[Stored data]
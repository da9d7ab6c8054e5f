-- ===== src/Concepts/Rules.antt =====
-- Rules for the actions that the methods of the service share.
use taxonomy_builder.Common.{ℕ, Option, none, some, find, or_raise, Triple, Ensures, ◌==◌}
use taxonomy_builder.Models.Session.{Session}
use taxonomy_builder.Concepts.{Error, get_concept, get_scheme, concept_not_found, scheme_not_found}

-- `if row is None: raise e` neither reads nor writes anything else
Ensures-or_raise :
    {A : Type 0} (P : Session → Type 0) (e : Error) (o : Option A) (s : Session)
    → P s
    → Ensures (λ _. P) (λ _. P) (or_raise e o s).0 (or_raise e o s).1
Ensures-or_raise P e none s h = h
Ensures-or_raise P e (some a) s h = h

module _ (P : Session → Type 0) where
  pub get_concept_keeps : (c : ℕ) → Triple P (get_concept c) (λ _. P) (λ _. P)
  unfolding get_concept
  get_concept_keeps c = record {
    at = λ s. Ensures-or_raise P (concept_not_found c) (find (λ x. x.id == c) s.concepts) s;
  }

  pub get_scheme_keeps : (c : ℕ) → Triple P (get_scheme c) (λ _. P) (λ _. P)
  unfolding get_scheme
  get_scheme_keeps c = record {
    at = λ s. Ensures-or_raise P (scheme_not_found c) (find (λ x. x.id == c) s.schemes) s;
  }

#### [Assignment]
Lines holding the string "Error" in the records: how many are there? Give only the number.

#### [Answer box]
2